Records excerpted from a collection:
== Segment start ==

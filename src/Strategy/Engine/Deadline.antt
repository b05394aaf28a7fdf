-- ===== src/Strategy/Engine/Deadline.antt =====
-- The latest time at which a plan leaves the flight.
use arb_core.Common.{
  ℕ, ◌-◌, ◌%◌, ◌<◌, ◌≡◌, ◌≢◌, ◌⊎◌, inl, inr, refl, sym, ap, ◌∙◌, Bool, true, false, none, some,
  List, [], ◌∷◌, String, arith, u64_mod, str_eq, eq_iff, Bool-cases,
}
use arb_core.Common.Dict.{Dict, find}
use arb_core.Decimal.{Decimal}
use arb_core.Strategy.Planner.{TradePlan}
use arb_core.Strategy.Detector.{Opportunity}
use arb_core.Strategy.Engine.{StrategyEngine, InFlightPlan, ExecutionReport}
use arb_core.Strategy.Engine.Detector.{handle_view}
use arb_core.Strategy.Engine.Monitor.{
  handle_exec_report, filled_by, ends_plan, to_cancel, scan_timeouts, age,
}
use arb_core.Strategy.Engine.Reports.{Ends, handle_exec_report_lem, ends_plan_iff, late_report}
use arb_core.Strategy.Engine.Sending.{Sent, fresh_entry}
use arb_core.Strategy.Engine.Timeouts.{among, find-cancel_plans}
use arb_core.Strategy.Engine.Loops.{
  Turn, view, incoming, tick, views_closed, reports_closed, start, take_turn, run_tasks,
}
use arb_core.Strategy.Engine.Others.{
  Keeps, scan_timeouts-Keeps, handle_exec_report-Keeps, handle_view-find,
}

module _ {D : Type 0} where
  -- The identity is not given again, and the monitor's channel stays open.
  abbrev pub Undisturbed : String → List (Turn D) → Type 0
  Undisturbed id [] = Unit
  Undisturbed id (view tv env ∷ turns) = ((j : ℕ) → (env j).0 ≢ id) × Undisturbed id turns
  Undisturbed id (reports_closed ∷ turns) = ⊥
  Undisturbed id (_ ∷ turns) = Undisturbed id turns

  -- Among the turns is a scan at a time when a plan submitted at `since` is over its timeout.
  abbrev pub TimesOut : (since timeout_ms : ℕ) → List (Turn D) → Type 0
  TimesOut since timeout_ms [] = ⊥
  TimesOut since timeout_ms (tick now ∷ turns) =
      (timeout_ms < (now - since) % u64_mod) ⊎ TimesOut since timeout_ms turns
  TimesOut since timeout_ms (_ ∷ turns) = TimesOut since timeout_ms turns

  among-due :
      (m : Dict (InFlightPlan D)) (now : ℕ) (id : String) (p : InFlightPlan D)
      → find m id ≡ some p
      → p.timeout_ms < age now p
      → among id (to_cancel m now) ≡ true
  unfolding to_cancel find
  among-due [] now id p at late = absurd (ground arith)
  among-due ((key, q) ∷ rest) now id p at late = elim (Bool-cases (str_eq id key)) [
    | inl mine ↦ let same : q ≡ p = ground arith in ground (arith, mine, same)
    | inr alien ↦ let ih = among-due rest now id p (ground arith) late in ground (arith, ih)
  ]

module _ {D F : Type 0} ⦃d : Decimal D⦄ (id : String) where
  -- The plan is gone, or has these times.
  abbrev Expires : (since timeout_ms : ℕ) → StrategyEngine D F → Type 0
  Expires since timeout_ms e =
      (find e.inflight id ≡ none)
      ⊎ ((p : InFlightPlan D) × (find e.inflight id ≡ some p)
          × (p.submitted_at ≡ since)
          × (p.timeout_ms ≡ timeout_ms))

  Expires-Keeps :
      (since timeout_ms : ℕ) (e e' : StrategyEngine D F)
      → Keeps id e e'
      → Expires since timeout_ms e
      → Expires since timeout_ms e'
  Expires-Keeps since timeout_ms e e' (inr gone) x = inl gone
  Expires-Keeps since timeout_ms e e' (inl same) (inl gone) = inl (same ∙ gone)
  Expires-Keeps since timeout_ms e e' (inl same) (inr (p, at, s, t)) = inr (p, same ∙ at, s, t)

  own_report-Expires :
      (since timeout_ms : ℕ) (e : StrategyEngine D F) (r : ExecutionReport D)
      → r.plan_id ≡ id
      → Expires since timeout_ms e
      → Expires since timeout_ms (handle_exec_report e r)
  own_report-Expires since timeout_ms e r named (inl gone) =
      let gone' : find e.inflight r.plan_id ≡ none = ap (find e.inflight) named ∙ gone in
      inl (rw (late_report e r gone') gone)
  own_report-Expires since timeout_ms e r named (inr (p, at, s, t)) =
      let rep = handle_exec_report_lem e r p (ap (find e.inflight) named ∙ at) in
      let found = ap (find (handle_exec_report e r).inflight) (sym named) in
      elim (Bool-cases (ends_plan r.status (filled_by p r))) [
        | inl ends ↦ inl (found ∙ (rep.ended ((ends_plan_iff r.status (filled_by p r)).0 ends)).0)
        | inr stays ↦
            let not_ends : ¬ Ends r.status (filled_by p r) =
              λ h. cc (sym stays ∙ (ends_plan_iff r.status (filled_by p r)).1 h) in
            inr (filled_by p r, found ∙ (rep.kept not_ends).0, s, t)
      ]

  report-Expires :
      (since timeout_ms : ℕ) (e : StrategyEngine D F) (r : ExecutionReport D)
      → Expires since timeout_ms e
      → Expires since timeout_ms (handle_exec_report e r)
  report-Expires since timeout_ms e r x = elim (Bool-cases (str_eq id r.plan_id)) [
    | inl mine ↦ own_report-Expires since timeout_ms e r (sym ((eq_iff id r.plan_id).0 mine)) x
    | inr alien ↦
        Expires-Keeps since timeout_ms e (handle_exec_report e r)
          (handle_exec_report-Keeps e r id (λ q. cc (sym alien ∙ (eq_iff id r.plan_id).1 q))) x
  ]

  scan_late :
      (since timeout_ms now : ℕ) (e : StrategyEngine D F)
      → timeout_ms < (now - since) % u64_mod
      → Expires since timeout_ms e
      → find (scan_timeouts e now).inflight id ≡ none
  unfolding scan_timeouts
  scan_late since timeout_ms now e late (inl gone) =
      find-cancel_plans e (to_cancel e.inflight now) id ∙ ground arith
  scan_late since timeout_ms now e late (inr (p, at, s, t)) =
      let due = among-due e.inflight now id p at (ground arith) in
      find-cancel_plans e (to_cancel e.inflight now) id ∙ ground arith

  report-gone :
      (e : StrategyEngine D F) (r : ExecutionReport D)
      → find e.inflight id ≡ none
      → find (handle_exec_report e r).inflight id ≡ none
  report-gone e r gone = elim (Bool-cases (str_eq id r.plan_id)) [
    | inl mine ↦
        let same =
          late_report e r (ap (find e.inflight) (sym ((eq_iff id r.plan_id).0 mine)) ∙ gone) in
        rw same gone
    | inr alien ↦
        elim (handle_exec_report-Keeps e r id (λ q. cc (sym alien ∙ (eq_iff id r.plan_id).1 q))) [
          | inl same ↦ same ∙ gone
          | inr none_now ↦ none_now
        ]
  ]

  -- the engine after these turns, with the monitor running
  abbrev run_from : StrategyEngine D F → Bool → List (Turn D) → StrategyEngine D F
  run_from e detecting turns =
      (run_tasks (record { engine = e; detecting = detecting; monitoring = true }) turns).engine

  run_from-gone :
      (e : StrategyEngine D F) (detecting : Bool) (turns : List (Turn D))
      → Undisturbed id turns
      → find e.inflight id ≡ none
      → find (run_from e detecting turns).inflight id ≡ none
  unfolding run_tasks take_turn
  run_from-gone e detecting [] u gone = gone
  run_from-gone e true (view tv env ∷ turns) (fresh, u) gone =
      run_from-gone _ _ turns u (handle_view-find e tv env id fresh ∙ gone)
  run_from-gone e false (view tv env ∷ turns) (fresh, u) gone = run_from-gone e false turns u gone
  run_from-gone e detecting (incoming r ∷ turns) u gone =
      run_from-gone (handle_exec_report e r) detecting turns u (report-gone e r gone)
  run_from-gone e detecting (tick now ∷ turns) u gone =
      run_from-gone (scan_timeouts e now) detecting turns u
        (elim (scan_timeouts-Keeps e now id) [ inl same ↦ same ∙ gone | inr none_now ↦ none_now ])
  run_from-gone e detecting (views_closed ∷ turns) u gone = run_from-gone e false turns u gone
  run_from-gone e detecting (reports_closed ∷ turns) u gone = absurd u

  run_from-late :
      (since timeout_ms : ℕ) (e : StrategyEngine D F) (detecting : Bool) (turns : List (Turn D))
      → Undisturbed id turns
      → TimesOut since timeout_ms turns
      → Expires since timeout_ms e
      → find (run_from e detecting turns).inflight id ≡ none
  unfolding run_tasks take_turn
  run_from-late since timeout_ms e detecting [] u late x = absurd late
  run_from-late since timeout_ms e true (view tv env ∷ turns) (fresh, u) late x =
      let e' = (handle_view e tv 0 env).0 in
      run_from-late since timeout_ms e' (handle_view e tv 0 env).1 turns u late
        (Expires-Keeps since timeout_ms e e' (inl (handle_view-find e tv env id fresh)) x)
  run_from-late since timeout_ms e false (view tv env ∷ turns) (fresh, u) late x =
      run_from-late since timeout_ms e false turns u late x
  run_from-late since timeout_ms e detecting (incoming r ∷ turns) u late x =
      run_from-late since timeout_ms (handle_exec_report e r) detecting turns u late
        (report-Expires since timeout_ms e r x)
  run_from-late since timeout_ms e detecting (tick now ∷ turns) u (inl over) x =
      run_from-gone (scan_timeouts e now) detecting turns u
        (scan_late since timeout_ms now e over x)
  run_from-late since timeout_ms e detecting (tick now ∷ turns) u (inr later) x =
      run_from-late since timeout_ms (scan_timeouts e now) detecting turns u later
        (Expires-Keeps since timeout_ms e (scan_timeouts e now) (scan_timeouts-Keeps e now id) x)
  run_from-late since timeout_ms e detecting (views_closed ∷ turns) u late x =
      run_from-late since timeout_ms e false turns u late x
  run_from-late since timeout_ms e detecting (reports_closed ∷ turns) u late x = absurd u

module _ {D F : Type 0} ⦃d : Decimal D⦄ where
  -- Whatever the execution reports, or if it reports nothing: a plan that was sent is out of flight
  -- once the monitor has scanned at a time when the plan is over its configured timeout, whatever
  -- turns the two tasks take before and after. Its identity must not be given again, and the
  -- monitor's channel must stay open.
  pub run_tasks-TimesOut :
      (e e' : StrategyEngine D F) (op : Opportunity D) (id : String) (now : ℕ) (plan : TradePlan D)
      (turns : List (Turn D))
      → Sent e op id now e' plan
      → Undisturbed plan.id turns
      → TimesOut now e.cfg.order_timeout_ms turns
      → find (run_tasks (start e') turns).engine.inflight plan.id ≡ none
  unfolding start
  run_tasks-TimesOut e e' op id now plan turns sent u late =
      run_from-late plan.id now e.cfg.order_timeout_ms e' true turns u late
        (inr (fresh_entry e plan now, sent.tracked, refl, refl))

== Segment end ==

## What you have to do
Nothing but the lines from the one holding "now e.cfg.order_timeout_ms turns" to the end of the entries should be returned, each exactly as it stands.

## Task result
      → TimesOut now e.cfg.order_timeout_ms turns
      → find (run_tasks (start e') turns).engine.inflight plan.id ≡ none
  unfolding start
  run_tasks-TimesOut e e' op id now plan turns sent u late =
      run_from-late plan.id now e.cfg.order_timeout_ms e' true turns u late
        (inr (fresh_entry e plan now, sent.tracked, refl, refl))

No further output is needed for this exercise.